The Obama DOJ has also supported the continuation of the “state secret” privilige invented by the Bush administration, and has added to that a “sovereign immunity” claim which says that citizens cannot sue the government for illegal activities unless the government chooses to disclose what they learned from the illegal activities.  So, even if it is known the government is acting illegally, there is nothing that can be done about it unless the government essentially decides it is okay with being sued.  This is a claim that even the Bush administration didn’t see fit to create, and truly worrisome for anyone concerned about keeping checks on the government’s ability to invade the private lives of its citizens.  Combined with the state secrets privilege the Obama administration is seeking the power to be able to do whatever it wants, and, so long as it is classified as secret, any actions will not be subject to judicial review.

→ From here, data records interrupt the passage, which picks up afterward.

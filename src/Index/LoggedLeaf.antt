-- ===== src/Index/LoggedLeaf.antt =====
-- The handlers of leaves log what they change.
use miniob4cqu_db_exp.Common.{ℕ, ◌-◌, ◌/◌, refl, true, Option, List, [], ◌∷◌, drop, inl, inr}
use miniob4cqu_db_exp.Index.Page.{
  IndexKeys, Key, Item, node, rid, Rid, leaf_init_empty, leaf_set_next_page,
}
use miniob4cqu_db_exp.Index.Node.{size, with_next, empty_node}
use miniob4cqu_db_exp.Index.Replay.{redo_page}
use miniob4cqu_db_exp.Index.Logged.{Logged-write, Logs, Logs-bind, Logs-return, case-Logs}
use miniob4cqu_db_exp.Index.LoggedNode.{
  load-Logs, load-cases, item_at-Logs, insert_logged-Logs, shrink_logged-Logs, remove-Logs,
}
use miniob4cqu_db_exp.Index.Leaf

module _ (K : IndexKeys) where
  pub init_empty-Logs : (p : ℕ) → Logs K (Leaf.init_empty K p)
  unfolding Leaf.init_empty redo_page
  init_empty-Logs p s = Logged-write K s (leaf_init_empty p) (node (empty_node K true)) refl

  pub set_next_page-Logs : (p : ℕ) (next : Option ℕ) → Logs K (Leaf.set_next_page K p next)
  unfolding Leaf.set_next_page redo_page
  set_next_page-Logs p next s = elim (load-cases K p s) [
    | inl stuck ↦ rw stuck tt
    | inr (n, at, run) ↦ rw run (
        Logged-write K s (leaf_set_next_page p next n.next_brother) (node (with_next K next n))
          (rw at refl))
  ]

  pub insert-Logs : (p index : ℕ) (key : Key K) (r : Rid) → Logs K (Leaf.insert K p index key r)
  unfolding Leaf.insert
  insert-Logs p index key r = insert_logged-Logs K p index ((key, rid r) ∷ [])

  pub remove_key-Logs : (p : ℕ) (key : Key K) → Logs K (Leaf.remove_key K p key)
  unfolding Leaf.remove_key
  remove_key-Logs p key = Logs-bind K _ _ (load-Logs K p) (λ n.
      case-Logs K (Leaf.lookup K n key).1 _ _
        (Logs-bind K _ _ (remove-Logs K p (Leaf.lookup K n key).0) (λ u. Logs-return K {A = ℕ} 1))
        (Logs-return K {A = ℕ} 0))

  pub append-Logs : (p : ℕ) (items : List (Item K)) → Logs K (Leaf.append K p items)
  unfolding Leaf.append
  append-Logs p items =
      Logs-bind K _ _ (load-Logs K p) (λ n. insert_logged-Logs K p (size K n) items)

  pub move_half_to-Logs : (p other : ℕ) → Logs K (Leaf.move_half_to K p other)
  unfolding Leaf.move_half_to
  move_half_to-Logs p other = Logs-bind K _ _ (load-Logs K p) (λ n.
      Logs-bind K _ _ (append-Logs other (drop (size K n / 2) n.items))
        (λ u. shrink_logged-Logs K p (size K n / 2)))

  pub move_first_to_end-Logs : (p other : ℕ) → Logs K (Leaf.move_first_to_end K p other)
  unfolding Leaf.move_first_to_end
  move_first_to_end-Logs p other = Logs-bind K _ _ (load-Logs K p) (λ n.
      Logs-bind K _ _ (item_at-Logs K n.items 0)
        (λ x. Logs-bind K _ _ (append-Logs other (x ∷ [])) (λ u. remove-Logs K p 0)))

  pub move_last_to_front-Logs : (p other : ℕ) → Logs K (Leaf.move_last_to_front K p other)
  unfolding Leaf.move_last_to_front
  move_last_to_front-Logs p other = Logs-bind K _ _ (load-Logs K p) (λ n.
      Logs-bind K _ _ (item_at-Logs K n.items (size K n - 1)) (λ x.
        Logs-bind K _ _ (insert_logged-Logs K other 0 (x ∷ []))
          (λ u. remove-Logs K p (size K n - 1))))

  pub move_to-Logs : (p other : ℕ) → Logs K (Leaf.move_to K p other)
  unfolding Leaf.move_to
  move_to-Logs p other = Logs-bind K _ _ (load-Logs K p) (λ n.
      Logs-bind K _ _ (append-Logs other n.items) (λ u.
        Logs-bind K _ _ (set_next_page-Logs other n.next_brother) (λ v. shrink_logged-Logs K p 0)))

President Obama is also seeking to destroy the Fourth Amendment by forcing cell phone carriers to turn over cell tower data without warrants, a move that legal scholars reject as being unconstitutional.  This would allow the government to seize private data, without cause, to track the location of anyone in the U.S. that it sees fit.  Such brazen disregard for the constitution, by a former constitutional law professor, is ludicrous.

The examples listed above point to an administration that is continuing the previous presidency’s complete disregard for constitutional protections that people in America believe they are protected by.  While there is much to celebrate in the first 100 days of the Obama presidency, unfortunately a respect for the constitution cannot, at this time, be counted to highly on the list.